━━ Supplied material

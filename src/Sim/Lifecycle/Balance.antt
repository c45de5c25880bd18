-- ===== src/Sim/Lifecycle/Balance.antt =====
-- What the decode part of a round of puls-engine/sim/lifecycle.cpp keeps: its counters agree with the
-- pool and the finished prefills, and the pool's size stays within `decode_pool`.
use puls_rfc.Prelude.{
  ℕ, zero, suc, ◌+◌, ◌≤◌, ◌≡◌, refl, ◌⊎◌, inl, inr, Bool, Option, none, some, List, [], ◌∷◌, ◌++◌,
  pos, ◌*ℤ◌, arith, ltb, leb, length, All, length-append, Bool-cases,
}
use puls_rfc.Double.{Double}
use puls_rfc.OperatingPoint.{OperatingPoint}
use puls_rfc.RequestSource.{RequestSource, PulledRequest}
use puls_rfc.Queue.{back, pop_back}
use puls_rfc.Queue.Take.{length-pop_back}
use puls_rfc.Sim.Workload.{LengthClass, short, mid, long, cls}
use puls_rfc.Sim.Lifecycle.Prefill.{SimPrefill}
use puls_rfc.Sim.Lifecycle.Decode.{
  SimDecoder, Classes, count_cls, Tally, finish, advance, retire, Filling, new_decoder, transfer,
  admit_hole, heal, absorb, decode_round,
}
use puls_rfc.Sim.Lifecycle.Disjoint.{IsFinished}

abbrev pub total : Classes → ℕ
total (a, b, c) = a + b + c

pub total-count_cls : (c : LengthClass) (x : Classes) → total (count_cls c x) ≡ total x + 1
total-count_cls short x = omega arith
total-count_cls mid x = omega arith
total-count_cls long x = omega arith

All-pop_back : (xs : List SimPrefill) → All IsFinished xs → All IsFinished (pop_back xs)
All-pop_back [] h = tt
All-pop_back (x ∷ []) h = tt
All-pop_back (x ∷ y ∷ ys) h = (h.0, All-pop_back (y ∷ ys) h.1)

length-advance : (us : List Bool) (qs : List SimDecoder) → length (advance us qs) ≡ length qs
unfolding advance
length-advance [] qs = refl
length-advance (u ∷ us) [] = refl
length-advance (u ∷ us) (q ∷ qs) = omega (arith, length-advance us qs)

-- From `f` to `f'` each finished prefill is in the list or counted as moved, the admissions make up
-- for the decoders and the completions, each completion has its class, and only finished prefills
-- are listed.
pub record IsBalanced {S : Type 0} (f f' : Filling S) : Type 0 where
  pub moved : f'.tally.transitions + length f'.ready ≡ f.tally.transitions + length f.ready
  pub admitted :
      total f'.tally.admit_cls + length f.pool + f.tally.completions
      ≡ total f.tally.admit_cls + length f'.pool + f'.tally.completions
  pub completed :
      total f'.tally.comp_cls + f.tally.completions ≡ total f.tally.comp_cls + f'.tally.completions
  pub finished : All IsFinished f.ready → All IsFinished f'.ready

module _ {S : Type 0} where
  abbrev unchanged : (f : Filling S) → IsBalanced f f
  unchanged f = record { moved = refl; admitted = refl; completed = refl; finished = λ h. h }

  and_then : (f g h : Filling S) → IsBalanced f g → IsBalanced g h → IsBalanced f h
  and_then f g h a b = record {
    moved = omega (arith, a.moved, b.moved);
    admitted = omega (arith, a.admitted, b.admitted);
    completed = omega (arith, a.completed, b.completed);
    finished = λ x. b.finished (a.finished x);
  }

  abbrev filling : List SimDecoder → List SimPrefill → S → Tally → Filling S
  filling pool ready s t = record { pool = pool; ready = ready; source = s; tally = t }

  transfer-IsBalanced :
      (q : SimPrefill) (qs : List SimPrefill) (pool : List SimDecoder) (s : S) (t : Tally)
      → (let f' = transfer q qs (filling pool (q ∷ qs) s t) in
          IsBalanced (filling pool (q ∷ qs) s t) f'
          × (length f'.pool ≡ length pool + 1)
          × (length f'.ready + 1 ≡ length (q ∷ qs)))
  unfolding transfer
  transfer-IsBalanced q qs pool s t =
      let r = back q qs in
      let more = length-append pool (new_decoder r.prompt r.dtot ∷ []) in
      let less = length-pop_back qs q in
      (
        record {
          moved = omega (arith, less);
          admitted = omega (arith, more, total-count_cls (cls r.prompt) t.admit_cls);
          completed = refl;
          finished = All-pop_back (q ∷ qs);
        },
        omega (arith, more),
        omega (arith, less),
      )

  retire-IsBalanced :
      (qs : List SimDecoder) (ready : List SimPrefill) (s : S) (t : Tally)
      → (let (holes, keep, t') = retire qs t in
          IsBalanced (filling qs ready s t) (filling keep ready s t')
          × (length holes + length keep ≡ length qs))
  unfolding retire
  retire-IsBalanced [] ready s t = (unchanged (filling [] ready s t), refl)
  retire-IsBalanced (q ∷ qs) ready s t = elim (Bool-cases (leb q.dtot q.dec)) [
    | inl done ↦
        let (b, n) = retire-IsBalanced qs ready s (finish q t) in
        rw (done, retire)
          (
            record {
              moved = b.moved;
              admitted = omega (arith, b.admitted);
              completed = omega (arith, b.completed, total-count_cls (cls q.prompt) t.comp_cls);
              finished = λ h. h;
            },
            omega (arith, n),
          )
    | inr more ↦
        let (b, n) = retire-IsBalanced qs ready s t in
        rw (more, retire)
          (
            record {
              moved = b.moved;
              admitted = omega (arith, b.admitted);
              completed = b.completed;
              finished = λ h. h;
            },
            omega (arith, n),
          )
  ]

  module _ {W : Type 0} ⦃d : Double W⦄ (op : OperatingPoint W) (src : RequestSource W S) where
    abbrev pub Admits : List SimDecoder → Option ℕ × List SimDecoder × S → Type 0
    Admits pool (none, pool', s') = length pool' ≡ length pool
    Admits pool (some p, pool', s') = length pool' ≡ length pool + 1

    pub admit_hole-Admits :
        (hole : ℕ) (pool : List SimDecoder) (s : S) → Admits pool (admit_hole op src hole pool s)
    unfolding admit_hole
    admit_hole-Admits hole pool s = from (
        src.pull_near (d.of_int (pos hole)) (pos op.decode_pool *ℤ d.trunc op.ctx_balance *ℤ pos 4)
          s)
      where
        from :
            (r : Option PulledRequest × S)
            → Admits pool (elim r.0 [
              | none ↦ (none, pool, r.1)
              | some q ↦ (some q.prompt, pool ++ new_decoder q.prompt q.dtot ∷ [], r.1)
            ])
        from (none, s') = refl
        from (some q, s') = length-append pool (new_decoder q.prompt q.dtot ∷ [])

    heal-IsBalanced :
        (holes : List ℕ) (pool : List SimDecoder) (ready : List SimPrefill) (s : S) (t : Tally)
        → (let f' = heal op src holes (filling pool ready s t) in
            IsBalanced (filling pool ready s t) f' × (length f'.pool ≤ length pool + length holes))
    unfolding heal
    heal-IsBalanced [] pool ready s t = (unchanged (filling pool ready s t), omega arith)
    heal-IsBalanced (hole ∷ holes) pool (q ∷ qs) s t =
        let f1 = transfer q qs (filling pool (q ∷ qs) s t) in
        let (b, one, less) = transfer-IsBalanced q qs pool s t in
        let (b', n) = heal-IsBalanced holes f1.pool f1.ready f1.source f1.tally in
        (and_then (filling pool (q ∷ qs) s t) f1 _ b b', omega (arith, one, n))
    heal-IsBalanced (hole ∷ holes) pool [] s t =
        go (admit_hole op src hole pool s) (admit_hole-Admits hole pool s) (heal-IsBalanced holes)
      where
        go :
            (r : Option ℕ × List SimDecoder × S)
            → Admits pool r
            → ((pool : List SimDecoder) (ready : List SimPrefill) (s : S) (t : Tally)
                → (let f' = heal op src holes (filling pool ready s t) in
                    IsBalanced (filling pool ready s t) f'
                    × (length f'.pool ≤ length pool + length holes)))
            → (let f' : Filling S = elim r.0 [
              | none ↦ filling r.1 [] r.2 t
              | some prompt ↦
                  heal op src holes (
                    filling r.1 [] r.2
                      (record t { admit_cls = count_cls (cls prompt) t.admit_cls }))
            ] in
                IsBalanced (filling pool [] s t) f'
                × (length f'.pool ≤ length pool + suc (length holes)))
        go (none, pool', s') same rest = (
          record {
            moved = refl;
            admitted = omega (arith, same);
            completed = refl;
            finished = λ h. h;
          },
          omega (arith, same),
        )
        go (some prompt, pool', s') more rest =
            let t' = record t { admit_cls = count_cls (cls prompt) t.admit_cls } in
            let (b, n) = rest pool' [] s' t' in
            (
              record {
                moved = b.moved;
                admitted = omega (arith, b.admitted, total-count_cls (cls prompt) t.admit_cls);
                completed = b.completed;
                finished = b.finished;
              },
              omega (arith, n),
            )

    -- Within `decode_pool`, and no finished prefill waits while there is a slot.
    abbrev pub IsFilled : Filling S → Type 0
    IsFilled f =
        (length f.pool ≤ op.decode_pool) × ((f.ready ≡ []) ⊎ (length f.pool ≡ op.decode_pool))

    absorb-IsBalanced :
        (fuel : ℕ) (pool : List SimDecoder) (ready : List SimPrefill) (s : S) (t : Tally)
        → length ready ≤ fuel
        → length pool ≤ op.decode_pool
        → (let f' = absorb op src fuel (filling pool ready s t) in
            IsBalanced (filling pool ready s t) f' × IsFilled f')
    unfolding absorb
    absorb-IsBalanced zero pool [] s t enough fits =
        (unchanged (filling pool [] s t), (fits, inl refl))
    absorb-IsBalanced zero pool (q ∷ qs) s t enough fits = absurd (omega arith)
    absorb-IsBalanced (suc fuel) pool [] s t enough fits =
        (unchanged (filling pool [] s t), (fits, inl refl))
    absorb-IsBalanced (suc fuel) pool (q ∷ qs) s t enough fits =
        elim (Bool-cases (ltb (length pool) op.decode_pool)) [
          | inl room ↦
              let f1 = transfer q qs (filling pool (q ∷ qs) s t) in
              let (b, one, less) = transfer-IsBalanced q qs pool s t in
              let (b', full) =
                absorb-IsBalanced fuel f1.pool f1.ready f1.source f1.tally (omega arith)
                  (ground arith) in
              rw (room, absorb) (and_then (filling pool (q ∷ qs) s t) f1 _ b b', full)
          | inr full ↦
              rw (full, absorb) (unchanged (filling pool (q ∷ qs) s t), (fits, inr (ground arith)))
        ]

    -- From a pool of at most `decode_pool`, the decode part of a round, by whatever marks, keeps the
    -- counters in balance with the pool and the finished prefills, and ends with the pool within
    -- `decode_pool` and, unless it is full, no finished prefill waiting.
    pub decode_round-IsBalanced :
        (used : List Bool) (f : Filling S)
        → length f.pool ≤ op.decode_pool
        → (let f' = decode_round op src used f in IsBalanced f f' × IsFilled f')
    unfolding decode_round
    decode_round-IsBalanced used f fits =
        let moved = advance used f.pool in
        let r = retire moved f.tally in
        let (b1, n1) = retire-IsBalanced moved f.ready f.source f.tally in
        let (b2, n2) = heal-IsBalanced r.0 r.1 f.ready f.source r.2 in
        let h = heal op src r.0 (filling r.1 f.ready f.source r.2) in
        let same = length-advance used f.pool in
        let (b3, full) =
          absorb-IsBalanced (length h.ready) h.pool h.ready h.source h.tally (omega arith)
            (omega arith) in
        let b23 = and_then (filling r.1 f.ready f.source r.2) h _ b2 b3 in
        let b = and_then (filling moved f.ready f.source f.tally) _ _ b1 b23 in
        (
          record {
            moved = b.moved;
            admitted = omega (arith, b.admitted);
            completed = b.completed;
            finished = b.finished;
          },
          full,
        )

━━━━

• **What to work on**
Please reproduce exactly the lines from the first one of the records above through the line containing "length-advance (u ∷ us) (q", both included, and nothing else.

• **Task response**
filename src/Sim/Lifecycle/Balance.antt
repository c45de5c25880bd18
-- ===== src/Sim/Lifecycle/Balance.antt =====
-- What the decode part of a round of puls-engine/sim/lifecycle.cpp keeps: its counters agree with the
-- pool and the finished prefills, and the pool's size stays within `decode_pool`.
use puls_rfc.Prelude.{
  ℕ, zero, suc, ◌+◌, ◌≤◌, ◌≡◌, refl, ◌⊎◌, inl, inr, Bool, Option, none, some, List, [], ◌∷◌, ◌++◌,
  pos, ◌*ℤ◌, arith, ltb, leb, length, All, length-append, Bool-cases,
}
use puls_rfc.Double.{Double}
use puls_rfc.OperatingPoint.{OperatingPoint}
use puls_rfc.RequestSource.{RequestSource, PulledRequest}
use puls_rfc.Queue.{back, pop_back}
use puls_rfc.Queue.Take.{length-pop_back}
use puls_rfc.Sim.Workload.{LengthClass, short, mid, long, cls}
use puls_rfc.Sim.Lifecycle.Prefill.{SimPrefill}
use puls_rfc.Sim.Lifecycle.Decode.{
  SimDecoder, Classes, count_cls, Tally, finish, advance, retire, Filling, new_decoder, transfer,
  admit_hole, heal, absorb, decode_round,
}
use puls_rfc.Sim.Lifecycle.Disjoint.{IsFinished}

abbrev pub total : Classes → ℕ
total (a, b, c) = a + b + c

pub total-count_cls : (c : LengthClass) (x : Classes) → total (count_cls c x) ≡ total x + 1
total-count_cls short x = omega arith
total-count_cls mid x = omega arith
total-count_cls long x = omega arith

All-pop_back : (xs : List SimPrefill) → All IsFinished xs → All IsFinished (pop_back xs)
All-pop_back [] h = tt
All-pop_back (x ∷ []) h = tt
All-pop_back (x ∷ y ∷ ys) h = (h.0, All-pop_back (y ∷ ys) h.1)

length-advance : (us : List Bool) (qs : List SimDecoder) → length (advance us qs) ≡ length qs
unfolding advance
length-advance [] qs = refl
length-advance (u ∷ us) [] = refl
length-advance (u ∷ us) (q ∷ qs) = omega (arith, length-advance us qs)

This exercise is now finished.